Kelompok strategis yang menentukan berdirinya 'surga' memang elite kekuasaan. Mereka ini sudah dipercaya masyarakat, yang amanat ini bersentuhan atau berelasi dengan kewajiban memenuhi kepentingan masyarakat. Jika kepentingan (hak-hak) masyarakat dilindungi dan dimediasi, seperti hak bebas dari diskriminasi dan perlakuan yang semena-mena, elemen kekuasaan ini berjasa menegakkan 'surga'.

Sebaliknya, ketika elite negara terkerangkeng dalam ketidakjujuran, mengamankan, dan suka menyelamatkan borok dengan cara mendustai masyarakat, mereka identik dengan menghadirkan 'neraka' di tengah masyarakat. Minimal yang terkait dengan peran strategis yang dimainkannya.

Sayangnya, elite kekuasaan di negeri ini masih lebih akrab mengemas perannya untuk menghadirkan 'neraka' daripada 'surga'. Ketidakjujuran lebih sering dan akrab dimenangkannya jika dibandingkan dengan menunjukkan diri sebagai pengabdi dan pembumi amanah secara istikamah. Mereka terperosok dalam praktik-praktik pengabaian dan peminggiran objektivitas, dan lebih suka memproduksi pembohongan di mana-mana.

Nyaris sulit mencari lembaga-lembaga strategis yang berelasi dengan layanan publik yang menunjukkan misi sebagai penegak kejujuran.
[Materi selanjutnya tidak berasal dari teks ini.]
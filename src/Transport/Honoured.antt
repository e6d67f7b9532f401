-- ===== src/Transport/Honoured.antt =====
-- How `send` honours a Retry-After header of the server.
use employee_tracker.Common.{
  ℕ, zero, suc, List, ◌∷◌, ◌⊎◌, true, subst, get_elem?, ◌+◌, ◌≡◌, refl, inl, inr, false, not, ◌||◌,
  Option, some, ok, arith, Bool-cases, Result-cases, ◌==◌, String,
}
use employee_tracker.Common.Int.{ℤ}
use employee_tracker.Models.{
  as_string, str, Json, Float, Fields, DeliveryResult, DeliveryKind, success, retriable,
  authentication, permanent,
}
use employee_tracker.Floats.{FloatOps, FloatLaws, float_min, float_max, float_max-ge}
use employee_tracker.Transport.Delay.{Parsers, jittered, retry_delay, parse_retry_after}
use employee_tracker.Transport.Delivery.{
  Transport, Session, attempt_result, Response, validate_payload, request_of, retry_after, round_of,
  send_loop, send, is_retriable, response, classify_status, status_code, asked_of,
}

module _ (f : FloatOps) (laws : FloatLaws f) where
  retry_delay-respects :
      (n : ℕ) (o : Option Float) (a d : Float)
      → retry_delay f n o (some a) ≡ ok d
      → f.lt d a ≡ false
  unfolding retry_delay
  retry_delay-respects n o a d h = elim (Result-cases (jittered f n o)) [
    | inr (e, bad) ↦ ground arith
    | inl (j, good) ↦ ground (arith, float_max-ge f laws a j)
  ]

  asked_by_kind :
      (p : Parsers) (kind : DeliveryKind) (n : ℕ) (r : Response) (now : ℤ) (a : Float)
      (asked : Option Float)
      → retry_after f p now r ≡ ok (some a)
      → asked_of f p now r kind ≡ ok asked
      → is_retriable kind ≡ true
      → asked ≡ some a
  asked_by_kind p retriable n r now a asked header e again = ground (arith, header, e)
  asked_by_kind p success n r now a asked header e again = cc
  asked_by_kind p authentication n r now a asked header e again = cc
  asked_by_kind p permanent n r now a asked header e again = cc

  -- The round that is followed by a sleep has asked for what the header of its response says.
  asked_by :
      (p : Parsers) (t : Transport) (s : Session) (payload : Fields) (n : ℕ) (r : Response)
      (a : Float) (result : DeliveryResult) (asked : Option Float)
      → s.post n (request_of t payload) ≡ response r
      → retry_after f p (s.current_time n) r ≡ ok (some a)
      → round_of f p t s payload n ≡ ok (result, asked)
      → is_retriable result.kind ≡ true
      → asked ≡ some a
  unfolding round_of attempt_result
  asked_by p t s payload n r a result asked posted header done again =
      let kind = classify_status (status_code r) in
      elim (Result-cases (asked_of f p (s.current_time n) r kind)) [
        | inr (e, bad) ↦ absurd (ground (arith, posted, bad, done))
        | inl (o, found) ↦
            let same : o ≡ asked = ground (arith, posted, found, done) in
            let is_kind : result.kind ≡ kind = ground (arith, posted, found, done) in
            subst (λ x. x ≡ some a) same
              (asked_by_kind p kind n r (s.current_time n) a o header found
                (subst (λ x. is_retriable x ≡ true) is_kind again))
      ]

  get_elem?-front :
      (i : ℕ) (x : Float) (xs : List Float) (d : Float)
      → get_elem? (x ∷ xs) i ≡ some d
      → ((i ≡ 0) × (x ≡ d)) ⊎ ((k : ℕ) × (i ≡ suc k) × (get_elem? xs k ≡ some d))
  get_elem?-front zero x xs d h = inl (refl, cc)
  get_elem?-front (suc k) x xs d h = inr (k, refl, h)

  send_loop-respects :
      (p : Parsers) (t : Transport) (s : Session) (payload : Fields) (left attempt i n : ℕ)
      (r : Response) (a d : Float)
      → n ≡ attempt + i
      → get_elem? (send_loop f p t s payload left attempt).1 i ≡ some d
      → s.post n (request_of t payload) ≡ response r
      → retry_after f p (s.current_time n) r ≡ ok (some a)
      → f.lt d a ≡ false
  unfolding send_loop
  send_loop-respects p t s payload zero attempt i n r a d same slept posted header = cc
  send_loop-respects p t s payload (suc left) attempt i n r a d same slept posted header =
      elim (Result-cases (round_of f p t s payload attempt)) [
        | inr (e, bad) ↦ (let none_slept = rw (send_loop, bad) at slept in cc)
        | inl ((q, asked), good) ↦
            elim (Bool-cases (not (is_retriable q.kind) || attempt == t.max_attempts)) [
              | inl stop ↦ (let none_slept = rw (send_loop, good, stop) at slept in cc)
              | inr go ↦
                  elim (Result-cases (retry_delay f attempt (s.random_value attempt) asked)) [
                    | inr (e, bad) ↦ (let none_slept = rw (send_loop, good, go, bad) at slept in cc)
                    | inl (delay, waits) ↦
                        elim (get_elem?-front i delay
                          (send_loop f p t s payload left (attempt + 1)).1 d
                          (rw (send_loop, good, go, waits) at slept)) [
                            | inr (k, e, later) ↦
                                send_loop-respects p t s payload left (attempt + 1) k n r a d
                                  (omega arith) later posted header
                            | inl (first, is_delay) ↦
                                let here : n ≡ attempt = omega arith in
                                let is_asked =
                                  asked_by p t s payload attempt r a q asked
                                    (subst (λ m. s.post m (request_of t payload) ≡ response r) here
                                      posted)
                                    (subst (λ m. retry_after f p (s.current_time m) r ≡ ok (some a))
                                      here header)
                                    good (ground arith) in
                                retry_delay-respects attempt (s.random_value attempt) a d
                                  (ground (arith, is_asked, waits, is_delay))
                          ]
                  ]
            ]
      ]

  asked_for :
      (p : Parsers) (now : ℤ) (r : Response) (get : String → Option Json) (value : String)
      (seconds : Float)
      → r.headers ≡ some get
      → get "Retry-After" ≡ some (str value)
      → p.parse_float value ≡ some seconds
      → f.is_finite seconds ≡ true
      → retry_after f p now r
        ≡ ok (some (float_min f (f.tenths 600) (float_max f (f.tenths 0) seconds)))
  unfolding retry_after parse_retry_after as_string
  asked_for p now r get value seconds headers asks number finite =
      rw (retry_after, headers, asks, parse_retry_after, number, finite) refl

  -- `send` honours a Retry-After header that is a number: if attempt n is answered by such a response
  -- and `send` sleeps after it, the n-th delay is not below that number of seconds, cut to 0 to 60
  -- seconds, by the named facts of float arithmetic.
  pub send-respects :
      (p : Parsers) (t : Transport) (s : Session) (payload : Fields) (i : ℕ) (r : Response)
      (get : String → Option Json) (value : String) (seconds d : Float)
      → s.post (1 + i) (request_of t payload) ≡ response r
      → r.headers ≡ some get
      → get "Retry-After" ≡ some (str value)
      → p.parse_float value ≡ some seconds
      → f.is_finite seconds ≡ true
      → get_elem? (send f p t s payload).1 i ≡ some d
      → f.lt d (float_min f (f.tenths 600) (float_max f (f.tenths 0) seconds)) ≡ false
  unfolding send
  send-respects p t s payload i r get value seconds d posted headers asks number finite slept =
      elim (Result-cases (validate_payload payload)) [
        | inr (e, bad) ↦ (let none_slept = rw (send, bad) at slept in cc)
        | inl (u, good) ↦
            send_loop-respects p t s payload t.max_attempts 1 i (1 + i) r _ d refl
              (rw (send, good) at slept) posted
              (asked_for p (s.current_time (1 + i)) r get value seconds headers asks number finite)
      ]
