-- ===== src/Tests/Sending.antt =====
-- The transport at concrete inputs: a server that answers 503 once and then 200.
use employee_tracker.Common.{
  ◌↔◌, ◌⊎◌, if◌then◌else◌, ℕ, ◌≡◌, refl, true, false, none, some, [], ok, All, leb, arith,
  get_elem?,
}
use employee_tracker.Common.Int.{pos}
use employee_tracker.Floats.{float_min, float_max}
use employee_tracker.Config.{AgentConfig, no_cmdline, text}
use employee_tracker.Models.{
  Fields, field, end, str, int, authentication, DeliveryResult, get_field, as_string,
}
use employee_tracker.Transport.Delay.{
  Parsers, retry_delay, jittered, safe_random_value, parse_retry_after,
}
use employee_tracker.Transport.Delivery.{
  Transport, Session, Response, response, classify_status, send, validate_payload, send_loop,
  round_of, attempt_result, request_of, headers_of, status_code, message_for, retry_after,
}
use employee_tracker.Transport.Status.{Expected, classify_status-Expected}
use employee_tracker.Transport.Retry.{PowersFit, OnlyRequestErrors, Ends, OutOfDate, send-Ends}
use employee_tracker.Transport.Sleeps.{AtMost, send_sleeps_bounded}
use employee_tracker.Transport.Honoured.{send-respects}
use employee_tracker.Tests.Numbers.{numbers, numbers_laws}

abbrev config : AgentConfig
config = record {
  collector_uri = some "https://collector.example";
  api_token = some "t";
  heartbeat_sec = pos 300;
  startup_delay_sec = pos 10;
  connect_timeout_sec = 500000;
  read_timeout_sec = 1000000;
  collection_timeout_sec = 1000000;
  max_collector_workers = pos 4;
  spool_path = "/spool";
  spool_max_bytes = pos 1000000;
  spool_max_age_sec = pos 86400;
  replay_batch_size = pos 10;
  ca_bundle = none;
  process_cmdline_mode = no_cmdline;
  include_network_connections = false;
  include_software = true;
  include_active_window = false;
  audit_paths = [];
  audit_max_files = pos 10;
  audit_max_file_bytes = pos 1000;
  screenshot_enabled = false;
  screenshot_max_bytes = pos 1000;
  employee_notice_acknowledged = false;
  log_path = none;
  log_format = text;
  log_level = "INFO";
}

abbrev sender : Transport
sender = record {
  config = config;
  collector_uri = "https://collector.example";
  api_token = "t";
  max_attempts = 4;
}

abbrev parsers : Parsers
parsers = record { parse_float = λ s. some 9000000; parse_date = λ s. ok none }

abbrev answer : ℕ → Response
answer n = record {
  status = some (int (pos (if leb n 1 then 503 else 200)));
  headers = some (λ k. some (str "90"));
}

abbrev server : Session
server = record {
  post = λ n q. response (answer n);
  random_value = λ n. some 50000;
  current_time = λ n. pos 0;
}

abbrev event_payload : Fields
event_payload = field "event_id" (str "e1") (
    field "event" (str "heartbeat")
      (field "machine_id" (str "m") (field "schema_version" (str "1.1") end)))

powers : PowersFit numbers
powers k small = (_, refl)

only_request_errors : OnlyRequestErrors server
only_request_errors n q e bad = cc

payload_fits : validate_payload event_payload ≡ ok tt
unfolding validate_payload get_field as_string
payload_fits = refl

send-Ends_example :
    ((r : DeliveryResult) × Ends 4 1 r (send numbers parsers sender server event_payload))
    ⊎ OutOfDate numbers parsers sender server event_payload 1
        (send numbers parsers sender server event_payload)
send-Ends_example =
    send-Ends numbers parsers sender server event_payload powers (omega arith) only_request_errors
      payload_fits (omega arith)

send_sleeps_bounded_example :
    All (AtMost numbers numbers_laws 600) (send numbers parsers sender server event_payload).1
send_sleeps_bounded_example =
    send_sleeps_bounded numbers numbers_laws parsers sender server event_payload

minute_slept : get_elem? (send numbers parsers sender server event_payload).1 0 ≡ some 6000000
unfolding send validate_payload send_loop round_of attempt_result request_of headers_of status_code
    classify_status message_for retry_after parse_retry_after retry_delay jittered safe_random_value
    get_field as_string
minute_slept = refl

send-respects_example :
    numbers.lt 6000000
      (float_min numbers (numbers.tenths 600) (float_max numbers (numbers.tenths 0) 9000000))
    ≡ false
send-respects_example =
    send-respects numbers numbers_laws parsers sender server event_payload 0 (answer 1)
      (λ k. some (str "90")) "90" 9000000 6000000 refl refl refl refl refl minute_slept

classify_status-Expected_example :
    (classify_status (some (pos 403)) ≡ authentication) ↔ Expected authentication (some (pos 403))
classify_status-Expected_example = classify_status-Expected (some (pos 403)) authentication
Terbukti, baru satu lembaga yang disidak tim khusus (Satgas Antimafia Peradilan), sudah ditemukan borok yang mengerikan.

"Sumber kekuatan baru bukanlah uang yang berada dalam genggaman tangan beberapa orang, melainkan informasi di tangan orang banyak," demikian pernyataan John Neisbith yang mengingatkan kita tentang strategis dan fundamentalnya kejujuran dan keterbukaan dalam memberikan dan mendistribusikan informasi. Semakin banyak informasi objektif atau bermuatan kejujuran yang diperoleh masyarakat, masyarakat akan mendapatkan kekuatan hebat.

Secara a contrario, kalau masyarakat dijauhkan, dialinasikan, dan dieliminasikan dari sumber informasi objektif atau jujur, berarti masyarakat dibuatnya kehilangan hak keberdayaannya. Kalau sampai masyarakat tidak berdaya atau kehilangan kekuatan fundamentalnya, berarti masyarakat ini tidak akan mampu atau kecil kemungkinannya bisa sukses mewujudkan mimpi-mimpi besarnya, di antaranya gagal meraih kesejahteraan hidup, terganjal mewujudkan demokratisasi, dan termarjinalisasi penegakan supremasi hukum yang benar-benar berpihak kepadanya, atau gagal menikmati kehidupan di negara yang menyuburkan 'surga'.

Apa yang diingatkan Neisbith sejatinya dapat dijadikan sebagai 'kritik radikal' terhadap setiap elemen bangsa, yang selama ini masih gagap dalam mewujudkan amanat jabatan atau kekuasaannya, dan belum menunjukkan komitmennya secara cerdas dan maksimal dalam membangun masyarakat inklusif, beradab, cerdas, demokratis, dan suka menegakkan keadilan.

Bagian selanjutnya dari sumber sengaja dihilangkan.